PROBLEM TO WORK ON: Begin with the first line of the entries below. Copy each line exactly, stopping after the one that contains "key_text v = []".

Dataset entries
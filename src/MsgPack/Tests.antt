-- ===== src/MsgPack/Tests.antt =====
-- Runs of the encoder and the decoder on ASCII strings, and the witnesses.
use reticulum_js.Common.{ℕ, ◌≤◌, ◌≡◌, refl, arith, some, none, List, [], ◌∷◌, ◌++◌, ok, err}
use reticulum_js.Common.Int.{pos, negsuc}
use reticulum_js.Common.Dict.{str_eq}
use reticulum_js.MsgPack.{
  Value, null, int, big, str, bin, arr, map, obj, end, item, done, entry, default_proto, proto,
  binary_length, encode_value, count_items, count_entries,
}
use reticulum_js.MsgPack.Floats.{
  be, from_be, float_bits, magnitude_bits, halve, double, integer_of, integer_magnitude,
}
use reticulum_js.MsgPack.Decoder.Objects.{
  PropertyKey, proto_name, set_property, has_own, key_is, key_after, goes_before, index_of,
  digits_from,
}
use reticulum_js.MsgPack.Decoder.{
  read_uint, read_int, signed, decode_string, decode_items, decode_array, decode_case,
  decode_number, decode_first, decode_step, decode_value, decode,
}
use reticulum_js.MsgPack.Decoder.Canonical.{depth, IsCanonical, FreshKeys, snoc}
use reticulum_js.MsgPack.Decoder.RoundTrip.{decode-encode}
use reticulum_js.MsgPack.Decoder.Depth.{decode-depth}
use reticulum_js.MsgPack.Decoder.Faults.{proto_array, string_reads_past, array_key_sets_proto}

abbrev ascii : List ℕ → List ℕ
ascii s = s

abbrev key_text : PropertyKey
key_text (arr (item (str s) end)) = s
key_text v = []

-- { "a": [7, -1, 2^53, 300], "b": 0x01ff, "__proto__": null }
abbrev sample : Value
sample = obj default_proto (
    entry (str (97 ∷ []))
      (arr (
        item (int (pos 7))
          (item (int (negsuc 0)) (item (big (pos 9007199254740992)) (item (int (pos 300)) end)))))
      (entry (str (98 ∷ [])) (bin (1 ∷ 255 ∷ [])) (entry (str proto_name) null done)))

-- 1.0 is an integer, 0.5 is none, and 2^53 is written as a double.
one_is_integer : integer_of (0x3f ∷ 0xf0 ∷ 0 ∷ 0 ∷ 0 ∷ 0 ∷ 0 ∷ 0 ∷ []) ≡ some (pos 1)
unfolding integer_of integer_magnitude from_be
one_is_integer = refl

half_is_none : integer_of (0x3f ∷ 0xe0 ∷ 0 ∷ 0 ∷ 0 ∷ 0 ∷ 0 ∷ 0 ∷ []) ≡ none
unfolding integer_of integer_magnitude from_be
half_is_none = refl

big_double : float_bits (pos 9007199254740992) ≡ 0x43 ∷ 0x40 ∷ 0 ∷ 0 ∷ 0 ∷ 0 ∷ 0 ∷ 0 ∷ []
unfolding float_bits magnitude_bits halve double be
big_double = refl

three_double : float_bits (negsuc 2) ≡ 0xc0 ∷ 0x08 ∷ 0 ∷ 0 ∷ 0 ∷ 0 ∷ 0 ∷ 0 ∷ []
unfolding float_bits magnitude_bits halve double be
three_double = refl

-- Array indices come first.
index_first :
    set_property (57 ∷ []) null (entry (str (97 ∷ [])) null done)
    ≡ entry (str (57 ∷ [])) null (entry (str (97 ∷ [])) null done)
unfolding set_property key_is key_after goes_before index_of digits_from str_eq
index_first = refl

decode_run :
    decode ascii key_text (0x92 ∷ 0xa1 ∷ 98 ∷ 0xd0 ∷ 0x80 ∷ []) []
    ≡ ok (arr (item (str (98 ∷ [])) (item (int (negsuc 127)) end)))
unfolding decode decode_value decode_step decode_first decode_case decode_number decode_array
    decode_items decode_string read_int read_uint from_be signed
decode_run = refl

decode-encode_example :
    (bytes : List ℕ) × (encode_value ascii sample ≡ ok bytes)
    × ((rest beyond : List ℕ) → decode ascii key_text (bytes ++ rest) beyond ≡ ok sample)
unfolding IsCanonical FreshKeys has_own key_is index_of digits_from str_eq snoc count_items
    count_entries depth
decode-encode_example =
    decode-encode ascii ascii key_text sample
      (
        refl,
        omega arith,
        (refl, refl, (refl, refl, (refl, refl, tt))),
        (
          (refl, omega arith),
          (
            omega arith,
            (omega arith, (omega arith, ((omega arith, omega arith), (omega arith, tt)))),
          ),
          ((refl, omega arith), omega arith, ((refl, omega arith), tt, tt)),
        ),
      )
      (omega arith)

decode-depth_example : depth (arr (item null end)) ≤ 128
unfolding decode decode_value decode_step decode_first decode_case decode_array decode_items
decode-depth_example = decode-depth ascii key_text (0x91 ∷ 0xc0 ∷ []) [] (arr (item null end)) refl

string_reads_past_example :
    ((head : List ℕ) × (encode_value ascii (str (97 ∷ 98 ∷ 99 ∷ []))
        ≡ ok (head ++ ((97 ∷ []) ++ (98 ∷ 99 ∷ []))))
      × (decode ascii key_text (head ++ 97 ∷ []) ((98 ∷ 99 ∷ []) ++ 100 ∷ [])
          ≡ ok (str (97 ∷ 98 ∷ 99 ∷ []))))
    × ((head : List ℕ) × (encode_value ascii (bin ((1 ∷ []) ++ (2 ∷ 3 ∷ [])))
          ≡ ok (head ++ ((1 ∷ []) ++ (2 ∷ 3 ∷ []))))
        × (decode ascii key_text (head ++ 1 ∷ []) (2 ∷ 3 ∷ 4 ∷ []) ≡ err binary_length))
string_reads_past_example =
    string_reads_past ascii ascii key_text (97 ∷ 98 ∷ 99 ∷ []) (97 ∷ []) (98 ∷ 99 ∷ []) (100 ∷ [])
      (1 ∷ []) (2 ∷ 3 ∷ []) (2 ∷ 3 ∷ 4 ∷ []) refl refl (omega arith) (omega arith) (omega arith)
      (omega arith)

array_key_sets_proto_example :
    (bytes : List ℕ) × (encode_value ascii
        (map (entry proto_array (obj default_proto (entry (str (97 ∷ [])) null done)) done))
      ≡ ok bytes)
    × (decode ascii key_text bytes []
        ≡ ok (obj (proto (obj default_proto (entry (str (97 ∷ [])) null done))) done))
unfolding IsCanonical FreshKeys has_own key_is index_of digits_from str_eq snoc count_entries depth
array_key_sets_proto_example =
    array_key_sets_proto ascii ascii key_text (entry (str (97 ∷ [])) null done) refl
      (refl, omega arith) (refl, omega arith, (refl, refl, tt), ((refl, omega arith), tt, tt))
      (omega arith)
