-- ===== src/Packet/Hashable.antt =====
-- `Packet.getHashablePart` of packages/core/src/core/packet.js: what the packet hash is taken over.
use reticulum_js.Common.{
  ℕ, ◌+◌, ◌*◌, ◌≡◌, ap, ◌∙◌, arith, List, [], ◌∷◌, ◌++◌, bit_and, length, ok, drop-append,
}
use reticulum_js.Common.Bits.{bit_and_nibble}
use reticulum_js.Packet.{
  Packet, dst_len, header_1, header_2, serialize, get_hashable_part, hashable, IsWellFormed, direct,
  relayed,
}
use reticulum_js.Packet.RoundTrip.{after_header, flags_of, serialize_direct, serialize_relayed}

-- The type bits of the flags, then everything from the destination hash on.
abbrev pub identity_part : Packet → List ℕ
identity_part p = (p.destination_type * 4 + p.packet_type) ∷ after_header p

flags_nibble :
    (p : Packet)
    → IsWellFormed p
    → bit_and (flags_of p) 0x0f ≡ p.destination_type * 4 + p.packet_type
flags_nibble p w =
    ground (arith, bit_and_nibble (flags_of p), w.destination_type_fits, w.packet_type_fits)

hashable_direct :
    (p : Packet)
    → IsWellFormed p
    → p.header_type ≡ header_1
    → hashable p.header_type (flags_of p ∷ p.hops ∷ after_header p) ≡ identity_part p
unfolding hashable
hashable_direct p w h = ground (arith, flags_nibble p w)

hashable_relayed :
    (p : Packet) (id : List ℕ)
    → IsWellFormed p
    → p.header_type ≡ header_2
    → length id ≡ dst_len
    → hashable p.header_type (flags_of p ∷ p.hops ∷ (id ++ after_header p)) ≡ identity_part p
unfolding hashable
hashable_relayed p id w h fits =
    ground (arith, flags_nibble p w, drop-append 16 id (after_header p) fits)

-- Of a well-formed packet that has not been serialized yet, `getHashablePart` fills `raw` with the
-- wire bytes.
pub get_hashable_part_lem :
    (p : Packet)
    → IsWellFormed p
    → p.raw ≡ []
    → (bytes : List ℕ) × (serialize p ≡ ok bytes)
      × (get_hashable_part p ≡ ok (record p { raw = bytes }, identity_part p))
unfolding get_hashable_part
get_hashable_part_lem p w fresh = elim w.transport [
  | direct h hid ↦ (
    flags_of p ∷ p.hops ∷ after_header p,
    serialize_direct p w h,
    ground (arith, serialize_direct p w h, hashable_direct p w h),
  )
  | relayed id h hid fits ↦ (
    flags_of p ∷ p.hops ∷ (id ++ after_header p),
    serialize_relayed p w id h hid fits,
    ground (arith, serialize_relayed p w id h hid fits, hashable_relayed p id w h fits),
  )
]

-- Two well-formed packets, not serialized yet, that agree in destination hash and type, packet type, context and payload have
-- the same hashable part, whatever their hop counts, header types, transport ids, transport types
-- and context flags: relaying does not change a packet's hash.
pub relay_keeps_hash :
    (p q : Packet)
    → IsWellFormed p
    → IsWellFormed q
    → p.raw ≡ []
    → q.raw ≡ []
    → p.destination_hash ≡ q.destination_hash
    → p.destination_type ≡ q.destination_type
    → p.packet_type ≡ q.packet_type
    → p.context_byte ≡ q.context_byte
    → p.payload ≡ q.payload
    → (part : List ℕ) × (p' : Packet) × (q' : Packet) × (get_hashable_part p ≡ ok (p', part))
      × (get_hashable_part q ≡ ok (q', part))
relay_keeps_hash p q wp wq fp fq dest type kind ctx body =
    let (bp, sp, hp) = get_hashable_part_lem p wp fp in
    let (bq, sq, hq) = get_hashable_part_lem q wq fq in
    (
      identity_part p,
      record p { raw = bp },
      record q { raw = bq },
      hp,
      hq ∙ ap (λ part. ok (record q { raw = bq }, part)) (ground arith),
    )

ANSWER SECTION:
filename src/MsgPack/Tests.antt
-- ===== src/MsgPack/Tests.antt =====
-- Runs of the encoder and the decoder on ASCII strings, and the witnesses.
use reticulum_js.Common.{ℕ, ◌≤◌, ◌≡◌, refl, arith, some, none, List, [], ◌∷◌, ◌++◌, ok, err}
use reticulum_js.Common.Int.{pos, negsuc}
use reticulum_js.Common.Dict.{str_eq}
use reticulum_js.MsgPack.{
  Value, null, int, big, str, bin, arr, map, obj, end, item, done, entry, default_proto, proto,
  binary_length, encode_value, count_items, count_entries,
}
use reticulum_js.MsgPack.Floats.{
  be, from_be, float_bits, magnitude_bits, halve, double, integer_of, integer_magnitude,
}
use reticulum_js.MsgPack.Decoder.Objects.{
  PropertyKey, proto_name, set_property, has_own, key_is, key_after, goes_before, index_of,
  digits_from,
}
use reticulum_js.MsgPack.Decoder.{
  read_uint, read_int, signed, decode_string, decode_items, decode_array, decode_case,
  decode_number, decode_first, decode_step, decode_value, decode,
}
use reticulum_js.MsgPack.Decoder.Canonical.{depth, IsCanonical, FreshKeys, snoc}
use reticulum_js.MsgPack.Decoder.RoundTrip.{decode-encode}
use reticulum_js.MsgPack.Decoder.Depth.{decode-depth}
use reticulum_js.MsgPack.Decoder.Faults.{proto_array, string_reads_past, array_key_sets_proto}

abbrev ascii : List ℕ → List ℕ
ascii s = s

abbrev key_text : PropertyKey
key_text (arr (item (str s) end)) = s
key_text v = []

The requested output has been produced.